In reality, a fire got there first. In May 2017 the plant was seriously damaged and stopped working. Late that year the Ministry of Environmental Protection and Energy first announced that HEP, the Croatian state electricity company, had applied for an extension of the plant’s environmental permit and that it plans to extend the plant’s lifetime for another 15-20 years.   Croatian environmental groups Zelena akcija, Zelena Istra and Greenpeace Croatia argue that the plant is already closed and should not be raised from the dead.

But the Ministry is acting as if it is a functional plant that just needs its permit extended. Recently, it published a draft permit on its website for public comments, after which it will decide whether to go ahead with issuing a new permit.

Not even an environmental impact assessment has been carried out for the plant. In 2018 the expert background paper for the resurrection project claimed that it had, but it was actually referring to the study done for a completely different project, the now forgotten 500 MW Plomin C.

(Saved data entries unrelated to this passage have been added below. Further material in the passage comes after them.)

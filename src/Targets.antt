-- ===== src/Targets.antt =====
-- The targets of a request and the errors of an upstream, app/services/routing_targets.py.
mod Defs
mod Errors
pub mod CandidateLaws
pub mod ErrorLaws
mod Tests
pub use Defs.{Identity}
unfoldable pub use Defs.{target_identity, unseen_targets, candidate_targets}
pub use Errors.{
  trigger_name, Exc, Trigger, timeout, connection_error, http_429, http_5xx, http_4xx, unknown,
}
unfoldable pub use Errors.{
  has_hard_timeout, upstream_status_code, classify_upstream_error, is_same_target_retryable,
}
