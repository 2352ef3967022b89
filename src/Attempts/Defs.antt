-- ===== src/Attempts/Defs.antt =====
-- The two loops. The state of the upstreams is threaded through the calls, so a target may answer
-- each call in another way. What the log records of an attempt beside its outcome is left out, and
-- so is the copy of the request that `_internal_for_target_attempt` makes for a target.
use llm_aio_gateway.Prelude.{
  ℕ, suc, zero, min, String, ◌⊎◌, inl, inr, Bool, true, false, not, ◌&&◌, Option, none, some, List,
  [], ◌∷◌, ◌++◌, if◌then◌else◌, ltb, is_nonempty,
}
use llm_aio_gateway.Model.{parse, composite, is_composite}
use llm_aio_gateway.Routing.{RouteTarget, Policy, FallbackDecision, apply_fallback_policy}
use llm_aio_gateway.Targets.{
  Exc, Trigger, timeout, connection_error, http_429, http_5xx, http_4xx, unknown,
  classify_upstream_error, is_same_target_retryable, candidate_targets, trigger_name,
}
use llm_aio_gateway.Outcome.{Attempt, Details}

-- An exception with the chain of its causes.
abbrev pub Failure : Type 0
Failure = Exc × List Exc

-- What the loops ask of the rest of the gateway.
pub record Gateway (S Out : Type 0) : Type 0 where
  -- `_call_nonstream_target` under `_await_with_attempt_timeout`; 0 is no timeout.
  pub call : String → RouteTarget → ℕ → S → S × (Out ⊎ Failure)
  -- `_fallback_provider_id_for_target`
  pub provider_id_for : RouteTarget → String
  pub provider_of_model : String → Option String
  pub policies : List Policy
  -- `re`'s classes of characters, and the folding of `re.IGNORECASE`
  pub is_word : ℕ → Bool
  pub is_digit : ℕ → Bool
  pub same : ℕ → ℕ → Bool
  pub retry_limit : ℕ

-- What the caller gets, with the details that are attached to the output or to the exception.
pub record Reply (Out : Type 0) : Type 0 where
  pub attempts : List Attempt
  pub fallback_status : String
  pub attempt_index : ℕ
  pub result : Out ⊎ Failure

-- _same_target_retry_limit; `none` is a setting that `int` refuses, and a negative one reads as 0.
unfoldable pub same_target_retry_limit : Option ℕ → ℕ
same_target_retry_limit none = 1
same_target_retry_limit (some n) = min 3 n

-- _target_model_for_log
unfoldable pub target_model_for_log : RouteTarget → String → String
unfolding parse composite is_composite
target_model_for_log target provider =
    let mid = parse target.model in
    let resolved =
      if is_nonempty provider
      then provider
      else if is_nonempty target.provider_id
      then target.provider_id
      else mid.provider_id in
    if is_nonempty resolved && not (is_composite mid)
    then composite (record { provider_id = resolved; model_name = mid.model_name })
    else composite mid

-- _fallback_attempt_record, without the text of the error
abbrev pub attempt_record : ℕ → String → RouteTarget → String → String → String → Attempt
attempt_record index stage target provider status trigger = record {
  index = index;
  stage = stage;
  model = target_model_for_log target provider;
  provider_id = if is_nonempty provider then provider else target.provider_id;
  status = status;
  trigger = trigger;
}

abbrev is_timeout_trigger : Trigger → Bool
is_timeout_trigger timeout = true
is_timeout_trigger connection_error = false
is_timeout_trigger http_429 = false
is_timeout_trigger http_5xx = false
is_timeout_trigger http_4xx = false
is_timeout_trigger unknown = false

abbrev pub tail {ℓ} : {A : Type ℓ} → List A → List A
tail [] = []
tail (x ∷ xs) = xs

module _ {S Out : Type 0} (g : Gateway S Out) where
  abbrev pub classify : Failure → Trigger
  classify e = classify_upstream_error g.is_word g.is_digit (e.0) (e.1)

  -- The decision after the primary target failed; the budget's own policy serves for a timeout.
  unfoldable pub choose_policy : FallbackDecision → RouteTarget → Trigger → FallbackDecision
  choose_policy budget target trigger =
      let decision =
        apply_fallback_policy g.same (g.provider_id_for target) target.model (trigger_name trigger)
          g.policies in
      if not decision.matched && budget.matched && is_timeout_trigger trigger
      then budget
      else decision

  -- The loop over `targets[1:]`, from the failure before it.
  unfoldable pub fallback_loop :
      List RouteTarget → ℕ → ℕ → Failure → List Attempt → S → S × Reply Out
  fallback_loop [] index time_limit last attempts s = (
    s,
    record {
      attempts = attempts;
      fallback_status = "exhausted";
      attempt_index = 0;
      result = inr last;
    },
  )
  fallback_loop (t ∷ ts) index time_limit last attempts s =
      let (s', answer) = g.call "fallback" t time_limit s in
      elim answer [
        | inl output ↦ (
          s',
          record {
            attempts =
                attempts ++ (attempt_record index "fallback" t t.provider_id "success" "" ∷ []);
            fallback_status = "used";
            attempt_index = index;
            result = inl output;
          },
        )
        | inr e ↦
            fallback_loop ts (suc index) time_limit e
              (attempts
                ++ (attempt_record index "fallback" t t.provider_id "failed"
                      (trigger_name (classify e))
                    ∷ []))
              s'
      ]

  -- What follows the failure of the primary target that is not tried again.
  unfoldable pub after_primary :
      FallbackDecision → RouteTarget → Failure → List Attempt → S → S × Reply Out
  unfolding fallback_loop choose_policy
  after_primary budget primary e attempts s =
      let decision = choose_policy budget primary (classify e) in
      if not decision.matched
      then (
        s,
        record {
          attempts = attempts;
          fallback_status = "no_policy";
          attempt_index = 0;
          result = inr e;
        },
      )
      else fallback_loop (tail (candidate_targets g.provider_of_model primary decision.chain)) 1
          decision.attempt_timeout e attempts s

  -- The `while retry_primary` loop; `retries` is `same_target_retries` at the primary target's key.
  -- It stops without a reply only if the fuel ends.
  unfoldable pub primary_loop :
      ℕ → FallbackDecision → RouteTarget → ℕ → List Attempt → S → S × Option (Reply Out)
  unfolding after_primary
  primary_loop zero budget primary retries attempts s = (s, none)
  primary_loop (suc fuel) budget primary retries attempts s =
      let provider = g.provider_id_for primary in
      let (s', answer) =
        g.call "primary" primary (if budget.matched then budget.attempt_timeout else 0) s in
      elim answer [
        | inl output ↦ (
          s',
          some (record {
            attempts = attempts ++ (attempt_record 0 "primary" primary provider "success" "" ∷ []);
            fallback_status = "unused";
            attempt_index = 0;
            result = inl output;
          }),
        )
        | inr e ↦
            let trigger = classify e in
            let attempts' =
              attempts
              ++ (attempt_record 0 "primary" primary provider "failed" (trigger_name trigger)
                  ∷ []) in
            let again = primary_loop fuel budget primary (suc retries) attempts' s' in
            if is_same_target_retryable (e.0) (e.1) trigger && ltb retries g.retry_limit
            then again
            else (let (s'', reply) = after_primary budget primary e attempts' s' in
                (s'', some reply))
      ]

  -- The whole, with fuel for each try of the primary target.
  unfoldable pub call_nonstream_with_fallbacks : RouteTarget → S → S × Option (Reply Out)
  unfolding primary_loop
  call_nonstream_with_fallbacks requested s =
      let primary : RouteTarget = record requested { provider_id = g.provider_id_for requested } in
      let budget = apply_fallback_policy g.same primary.provider_id primary.model "" g.policies in
      primary_loop (suc g.retry_limit) budget primary 0 [] s

-- The details that the status of the request is derived from.
unfoldable pub details_of : {Out : Type 0} → Reply Out → Details
details_of reply = record {
  status = "";
  fallback_status = reply.fallback_status;
  attempt_index = reply.attempt_index;
  fallback_attempts = reply.attempts;
  partial_output = false;
  client_disconnected = false;
}
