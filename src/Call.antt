-- ===== src/Call.antt =====
-- internal/call/manager.go: the calls between browsers or telephones and the FXO boxes. `Sdp` holds the
-- choice of the codec, `State` the state, `Registry` the maps of the manager, `Session` the life of a
-- call, `Invite`, `Inbound`, `Ringing` and `Outbound`
-- the handlers.
pub mod Tests
mod Runs
pub mod Sdp
pub mod State
pub mod Registry
pub mod Session
pub mod Media
pub mod Invite
pub mod Inbound
pub mod Ringing
pub mod Outbound
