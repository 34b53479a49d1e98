-- ===== src/Prelude/GoMap.antt =====
-- A Go map as an association list: read, write and `delete`.
use mathlib.Core.Path.{◌≡◌, refl}
use mathlib.Core.Bool.{Bool, false}
use mathlib.Core.Option.{Option, none, some}
use mathlib.Core.List.{List, [], ◌∷◌}
use native.Mathlib.Omega.{arith}
use callfxo.Prelude.Tests.{if◌then◌else◌}
use callfxo.Prelude.Equality.{Eq, ◌==◌}

abbrev pub GoMap {ℓ κ} : Type ℓ → Type κ → Type (ℓ ⊔ κ)
GoMap K V = List (K × V)

module _ {ℓ κ} {K : Type ℓ} {V : Type κ} ⦃e : Eq K⦄ where
  unfoldable pub lookup : K → GoMap K V → Option V
  lookup key [] = none
  lookup key ((k, value) ∷ rest) = if k == key then some value else lookup key rest

  unfoldable pub insert : K → V → GoMap K V → GoMap K V
  insert k v [] = (k, v) ∷ []
  insert k v ((j, w) ∷ m) = if j == k then (k, v) ∷ m else (j, w) ∷ insert k v m

  unfoldable pub remove : K → GoMap K V → GoMap K V
  remove k [] = []
  remove k ((j, v) ∷ m) = let rest = remove k m in if j == k then rest else (j, v) ∷ rest

  -- `for k, v := range m { if test(v) { delete(m, k) } }`
  unfoldable pub remove_values : (V → Bool) → GoMap K V → GoMap K V
  remove_values test [] = []
  remove_values test ((j, v) ∷ m) =
      let rest = remove_values test m in if test v then rest else (j, v) ∷ rest

  pub lookup-insert :
      (new key : K) (value : V) (m : GoMap K V)
      → lookup key (insert new value m) ≡ (if new == key then some value else lookup key m)
  unfolding insert lookup
  lookup-insert new key value [] = refl
  lookup-insert new key value ((old, w) ∷ rest) = ground (
    arith,
    lookup-insert new key value rest,
    e.beq_iff new key,
    e.beq_iff old new,
    e.beq_iff old key,
  )

  pub lookup-remove :
      (k j : K) (m : GoMap K V) → lookup j (remove k m) ≡ (if k == j then none else lookup j m)
  unfolding lookup remove
  lookup-remove k j [] = ground arith
  lookup-remove k j ((i, w) ∷ m) =
      ground (arith, lookup-remove k j m, e.beq_iff i k, e.beq_iff i j, e.beq_iff k j)

  pub lookup-insert_self : (k : K) (v : V) (m : GoMap K V) → lookup k (insert k v m) ≡ some v
  lookup-insert_self k v m = rw lookup-insert (ground (arith, e.beq_iff k k))

  pub lookup-remove_self : (k : K) (m : GoMap K V) → lookup k (remove k m) ≡ none
  lookup-remove_self k m = rw lookup-remove (ground (arith, e.beq_iff k k))

  -- What is left under a key fails the test.
  pub lookup-remove_values :
      (test : V → Bool) (k : K) (m : GoMap K V) {v : V}
      → lookup k (remove_values test m) ≡ some v
      → test v ≡ false
  unfolding lookup remove_values
  lookup-remove_values test k [] h = cc
  lookup-remove_values test k ((j, w) ∷ m) {v} h =
      ground (arith, lookup-remove_values test k m {v = v})
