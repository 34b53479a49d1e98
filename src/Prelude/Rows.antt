-- ===== src/Prelude/Rows.antt =====
-- A table as the list of its rows, with what a WHERE clause does to it.
use Prim.Native.Nat.{ℕ, suc}
use mathlib.Core.Path.{◌≡◌, refl}
use mathlib.Core.Bool.{Bool, true, false}
use mathlib.Core.Option.{Option, none, some}
use mathlib.Core.List.{List, [], ◌∷◌, ◌++◌}
use native.Mathlib.Omega.{arith}
use callfxo.Prelude.Tests.{if◌then◌else◌, nat_beq, is_some, Bool-cases}
use mathlib.Core.Logic.{inl, inr}
use callfxo.Prelude.Equality.{Eq, ◌==◌}

module _ {ℓ} {A : Type ℓ} where
  unfoldable pub select : (A → Bool) → List A → List A
  select test [] = []
  select test (x ∷ xs) = let rest = select test xs in if test x then x ∷ rest else rest

  unfoldable pub delete_where : (A → Bool) → List A → List A
  delete_where test [] = []
  delete_where test (x ∷ xs) = let rest = delete_where test xs in if test x then rest else x ∷ rest

  unfoldable pub update_where : (A → Bool) → (A → A) → List A → List A
  update_where test f [] = []
  update_where test f (x ∷ xs) = (if test x then f x else x) ∷ update_where test f xs

  unfoldable pub first : (A → Bool) → List A → Option A
  first test [] = none
  first test (x ∷ xs) = if test x then some x else first test xs

  unfoldable pub exists : (A → Bool) → List A → Bool
  exists test [] = false
  exists test (x ∷ xs) = if test x then true else exists test xs

  unfoldable pub count_where : (A → Bool) → List A → ℕ
  count_where test [] = 0
  count_where test (x ∷ xs) = let rest = count_where test xs in if test x then suc rest else rest

  pub exists-delete_where :
      (test : A → Bool) (xs : List A) → exists test (delete_where test xs) ≡ false
  unfolding exists delete_where
  exists-delete_where test [] = refl
  exists-delete_where test (x ∷ xs) = ground (arith, exists-delete_where test xs)

  pub first-append :
      (test : A → Bool) (xs ys : List A)
      → first test (xs ++ ys) ≡ (if exists test xs then first test xs else first test ys)
  unfolding first exists
  first-append test [] ys = refl
  first-append test (x ∷ xs) ys = ground (arith, first-append test xs ys)

  pub exists-append :
      (test : A → Bool) (xs ys : List A)
      → exists test (xs ++ ys) ≡ (if exists test xs then true else exists test ys)
  unfolding exists
  exists-append test [] ys = refl
  exists-append test (x ∷ xs) ys = ground (arith, exists-append test xs ys)

  pub count_where-pos :
      (test : A → Bool) (xs : List A)
      → exists test xs ≡ (if nat_beq (count_where test xs) 0 then false else true)
  unfolding exists count_where
  count_where-pos test [] = refl
  count_where-pos test (x ∷ xs) = ground (arith, count_where-pos test xs)

  pub delete_where_twice :
      (test : A → Bool) (xs : List A)
      → delete_where test (delete_where test xs) ≡ delete_where test xs
  unfolding delete_where
  delete_where_twice test [] = refl
  delete_where_twice test (x ∷ xs) = ground (arith, delete_where_twice test xs)

  -- What INSERT … ON CONFLICT(key) DO UPDATE leaves of one row.
  abbrev pub overwrite : A → (A → A) → Option A → A
  overwrite new f none = new
  overwrite new f (some old) = f old

  -- At most one row holds each key.
  abbrev pub Unique {κ} : {K : Type κ} ⦃e : Eq K⦄ → (A → K) → List A → Type 0
  Unique key [] = Unit
  Unique key (x ∷ xs) = (exists (λ y. key y == key x) xs ≡ false) × Unique key xs

module _ {ℓ κ} {A : Type ℓ} {K : Type κ} ⦃e : Eq K⦄ (key : A → K) where
  pub exists-update_where :
      (k : K) (test : A → Bool) (f : A → A) (xs : List A)
      → ((x : A) → key (f x) ≡ key x)
      → exists (λ x. key x == k) (update_where test f xs) ≡ exists (λ x. key x == k) xs
  unfolding exists update_where
  exists-update_where k test f [] h = refl
  exists-update_where k test f (x ∷ xs) h = ground (arith, h x, exists-update_where k test f xs h)

  pub Unique-update_where :
      (test : A → Bool) (f : A → A) (xs : List A)
      → ((x : A) → key (f x) ≡ key x)
      → Unique key xs
      → Unique key (update_where test f xs)
  unfolding update_where
  Unique-update_where test f [] h u = tt
  Unique-update_where test f (x ∷ xs) h u =
      ground
        (arith, h x, exists-update_where (key x) test f xs h, Unique-update_where test f xs h u.1)

  pub exists-delete_where_le :
      (k : K) (test : A → Bool) (xs : List A)
      → exists (λ x. key x == k) xs ≡ false
      → exists (λ x. key x == k) (delete_where test xs) ≡ false
  unfolding exists delete_where
  exists-delete_where_le k test [] h = refl
  exists-delete_where_le k test (x ∷ xs) h = ground (arith, exists-delete_where_le k test xs)

  pub Unique-delete_where :
      (test : A → Bool) (xs : List A) → Unique key xs → Unique key (delete_where test xs)
  unfolding delete_where
  Unique-delete_where test [] u = tt
  Unique-delete_where test (x ∷ xs) u =
      ground (arith, exists-delete_where_le (key x) test xs, Unique-delete_where test xs u.1)

  pub Unique-append :
      (xs : List A) (y : A)
      → Unique key xs
      → exists (λ x. key x == key y) xs ≡ false
      → Unique key (xs ++ y ∷ [])
  unfolding exists
  Unique-append [] y u h = (refl, tt)
  Unique-append (x ∷ xs) y u h = ground (
    arith,
    e.beq_iff (key x) (key y),
    e.beq_iff (key y) (key x),
    exists-append (λ z. key z == key x) xs (y ∷ []),
    Unique-append xs y u.1,
  )

  first-update_where :
      (k j : K) (f : A → A) (xs : List A)
      → ((x : A) → key (f x) ≡ key x)
      → first (λ x. key x == j) (update_where (λ x. key x == k) f xs) ≡ (
          if k == j
          then elim (first (λ x. key x == k) xs) [ none ↦ none | some x ↦ some (f x) ]
          else first (λ x. key x == j) xs)
  unfolding first update_where
  first-update_where k j f [] h = ground arith
  first-update_where k j f (x ∷ xs) h = ground (
    arith,
    h x,
    first-update_where k j f xs h,
    e.beq_iff k j,
    e.beq_iff (key x) k,
    e.beq_iff (key x) j,
  )

  first-append_row :
      (new : A) (j : K) (xs : List A)
      → exists (λ x. key x == key new) xs ≡ false
      → first (λ x. key x == j) (xs ++ new ∷ [])
        ≡ (if key new == j then some new else first (λ x. key x == j) xs)
  unfolding first exists
  first-append_row new j [] h = refl
  first-append_row new j (x ∷ xs) h = ground (
    arith,
    first-append_row new j xs,
    e.beq_iff (key new) j,
    e.beq_iff (key x) (key new),
    e.beq_iff (key x) j,
  )

  pub exists-eq-is_some : (test : A → Bool) (xs : List A) → exists test xs ≡ is_some (first test xs)
  unfolding exists first
  exists-eq-is_some test [] = refl
  exists-eq-is_some test (x ∷ xs) = ground (arith, exists-eq-is_some test xs)

  -- The rows after it, found by their key.
  pub first-upsert :
      (new : A) (f : A → A) (j : K) (xs : List A)
      → ((x : A) → key (f x) ≡ key x)
      → first
          (λ x. key x == j)
          (if exists (λ x. key x == key new) xs
            then update_where (λ x. key x == key new) f xs
            else xs ++ new ∷ [])
        ≡ (if key new == j
            then some (overwrite new f (first (λ x. key x == key new) xs))
            else first (λ x. key x == j) xs)
  first-upsert new f j xs h = elim (Bool-cases (exists (λ x. key x == key new) xs)) [
    | inl old ↦
        rw (old, first-update_where (key new) j f xs h)
          (ground (arith, exists-eq-is_some (λ x. key x == key new) xs))
    | inr fresh ↦
        rw (fresh, first-append_row new j xs fresh)
          (ground (arith, exists-eq-is_some (λ x. key x == key new) xs))
  ]
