-- ===== src/Store/Schema.antt =====
-- internal/store/store.go: the rows of the tables that `migrate` creates, with their keys, and the
-- state that a statement works on. Times are Unix seconds. Rows stand in the order in which they were
-- inserted, so a table with an AUTOINCREMENT key is in the order of its ids.
use callfxo.Prelude.{ℕ, Bool, true, false, Option, none, some, List, [], ◌∷◌, if◌then◌else◌}
use callfxo.Prelude.Integers.{ℤ}
use callfxo.Prelude.Equality.{◌==◌, int_eq, list_eq, nat_eq}
use callfxo.Prelude.Rows.{delete_where, exists}
use callfxo.Text.{Text, txt, trim_space, to_lower}

abbrev pub role_admin : Text
role_admin = txt "admin"

abbrev pub role_user : Text
role_user = txt "user"

pub record User : Type 0 where
  pub id : ℤ
  pub username : Text
  pub role : Text
  pub created_at : ℕ

-- The embedded `User` with the hash, and a row of `users`.
pub record UserCredential : Type 0 where
  pub user : User
  pub open user use *
  pub password_hash : Text

pub record FxoBox : Type 0 where
  pub id : ℤ
  pub name : Text
  pub sip_username : Text
  pub sip_password : Text
  pub created_at : ℕ

pub record Registration : Type 0 where
  pub fxo_box_id : ℤ
  pub contact_uri : Text
  pub source_addr : Text
  pub transport : Text
  pub call_id : Text
  pub user_agent : Text
  pub expires_at : ℕ
  pub updated_at : ℕ

-- A row of `call_logs`; the listing adds the name of the box.
pub record CallLogRow : Type 0 where
  pub id : ℤ
  pub user_id : ℤ
  pub fxo_box_id : ℤ
  pub number : Text
  pub started_at : ℕ
  pub ended_at : Option ℕ
  pub status : Text
  pub reason : Text

pub record CallLog : Type 0 where
  pub row : CallLogRow
  pub fxo_box_name : Text

pub record Contact : Type 0 where
  pub id : ℤ
  pub user_id : ℤ
  pub name : Text
  pub number : Text
  pub created_at : ℕ

pub record UserDevice : Type 0 where
  pub device_token : Text
  pub user_id : ℤ
  pub client_type : Text
  pub device_name : Text
  pub push_platform : Text
  pub push_token : Text
  pub refresh_token_hash : Text
  pub refresh_expires_at : ℕ
  pub last_seen_at : ℕ
  pub created_at : ℕ
  pub updated_at : ℕ

-- A row of `user_fxo_permissions`, where the flags are integers.
pub record PermissionRow : Type 0 where
  pub user_id : ℤ
  pub fxo_box_id : ℤ
  pub can_dial : ℕ
  pub can_receive : ℕ
  pub notify_incoming : ℕ
  pub updated_at : ℕ

pub record Setting : Type 0 where
  pub key : Text
  pub value : Text
  pub updated_at : ℕ

-- `next_…` is the next value of an AUTOINCREMENT key.
pub record Tables : Type 0 where
  pub users : List UserCredential
  pub next_user : ℕ
  pub boxes : List FxoBox
  pub next_box : ℕ
  pub registrations : List Registration
  pub call_logs : List CallLogRow
  pub next_call_log : ℕ
  pub contacts : List Contact
  pub next_contact : ℕ
  pub devices : List UserDevice
  pub permissions : List PermissionRow
  pub settings : List Setting

pub data Error : Type 0 where
  not_found constraint engine unsupported_field : Error

pub data Result {ℓ} (A : Type ℓ) : Type ℓ where
  ok : A → Result A
  err : Error → Result A

-- `faults` says of each statement to come whether the engine fails on it; where it ends, no
-- further statement fails.
pub record Store : Type 0 where
  pub tables : Tables
  pub faults : List Bool

abbrev pub Action : Type 0 → Type 0
Action A = Store → Result A × Store

abbrev pub continue : {A B : Type 0} → Result A → (A → Action B) → Action B
continue (ok a) f s = f a s
continue (err e) f s = (err e, s)

infixl 10 ◌>>=◌ ◌>>◌
abbrev pub ◌>>=◌ : {A B : Type 0} → Action A → (A → Action B) → Action B
◌>>=◌ m f s = let (r, s') = m s in continue r f s'

abbrev pub ◌>>◌ : {A B : Type 0} → Action A → Action B → Action B
m >> n = m >>= λ _. n

abbrev pub pure : {A : Type 0} → A → Action A
pure a s = (ok a, s)

abbrev pub raise : {A : Type 0} → Error → Action A
raise e s = (err e, s)

abbrev pub run_statement :
    {A : Type 0} → List Bool → (Tables → Result A × Tables) → Tables → Result A × Store
run_statement [] query t = let (r, t') = query t in (r, record { tables = t'; faults = [] })
run_statement (false ∷ fs) query t =
    let (r, t') = query t in (r, record { tables = t'; faults = fs })
run_statement (true ∷ fs) query t = (err engine, record { tables = t; faults = fs })

-- One statement: the engine fails on it, or it does what its text says.
unfoldable pub statement : {A : Type 0} → (Tables → Result A × Tables) → Action A
statement query s = run_statement s.faults query s.tables

-- A statement that only reads.
unfoldable pub read : {A : Type 0} → (Tables → Result A) → Action A
unfolding statement
read query = statement (λ t. (query t, t))

-- An UPDATE or DELETE that reports ErrNotFound where no row fits.
abbrev pub or_not_found : Bool → Tables → Tables → Result (Unit {0}) × Tables
or_not_found true t' t = (ok tt, t')
or_not_found false t' t = (err not_found, t)

-- A row that was looked for.
abbrev pub found {ℓ} : {A : Type ℓ} → Option A → Result A
found none = err not_found
found (some a) = ok a

-- ON DELETE CASCADE of the foreign keys on users(id).
unfoldable pub cascade_user : ℤ → Tables → Tables
cascade_user id t = record t {
  contacts = delete_where (λ c. c.user_id == id) t.contacts;
  devices = delete_where (λ d. d.user_id == id) t.devices;
  permissions = delete_where (λ p. p.user_id == id) t.permissions;
}

-- ON DELETE CASCADE of the foreign keys on fxo_boxes(id).
unfoldable pub cascade_box : ℤ → Tables → Tables
cascade_box id t = record t {
  registrations = delete_where (λ r. r.fxo_box_id == id) t.registrations;
  call_logs = delete_where (λ l. l.fxo_box_id == id) t.call_logs;
  permissions = delete_where (λ p. p.fxo_box_id == id) t.permissions;
}

unfoldable pub has_user : ℤ → Tables → Bool
has_user id t = exists (λ (u : UserCredential). u.id == id) t.users

unfoldable pub has_box : ℤ → Tables → Bool
has_box id t = exists (λ (b : FxoBox). b.id == id) t.boxes

unfoldable pub normalize_role : Text → Text
normalize_role role = if to_lower (trim_space role) == role_admin then role_admin else role_user

unfoldable pub bool_to_int : Bool → ℕ
bool_to_int v = if v then 1 else 0

-- The tables of a new database.
abbrev pub empty : Tables
empty = record {
  users = [];
  next_user = 1;
  boxes = [];
  next_box = 1;
  registrations = [];
  call_logs = [];
  next_call_log = 1;
  contacts = [];
  next_contact = 1;
  devices = [];
  permissions = [];
  settings = [];
}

After environmental groups exposed this deception, the Ministry has now changed its story, saying that no environmental impact assessment needs to be done. This is based on the incorrect argument that the new project would automatically be better for the environment than the “existing” plant. But the existing plant is not operational, and thus not emitting pollutants, so the proposal would actually add new pollution compared to the current situation.

For this reason, if the Ministry goes ahead with issuing the environmental permit, we will have no other choice than to submit a lawsuit against the decision.

As well as coal’s climate impacts, air pollution from coal power plants has been demonstrated to cause premature deaths as well as respiratory diseases. Croatia, as a small economy with only two relatively small coal plants, is well-placed to speed up its energy transition but has so far dragged its feet instead of capitalising on this opportunity to bolster its clean, green image.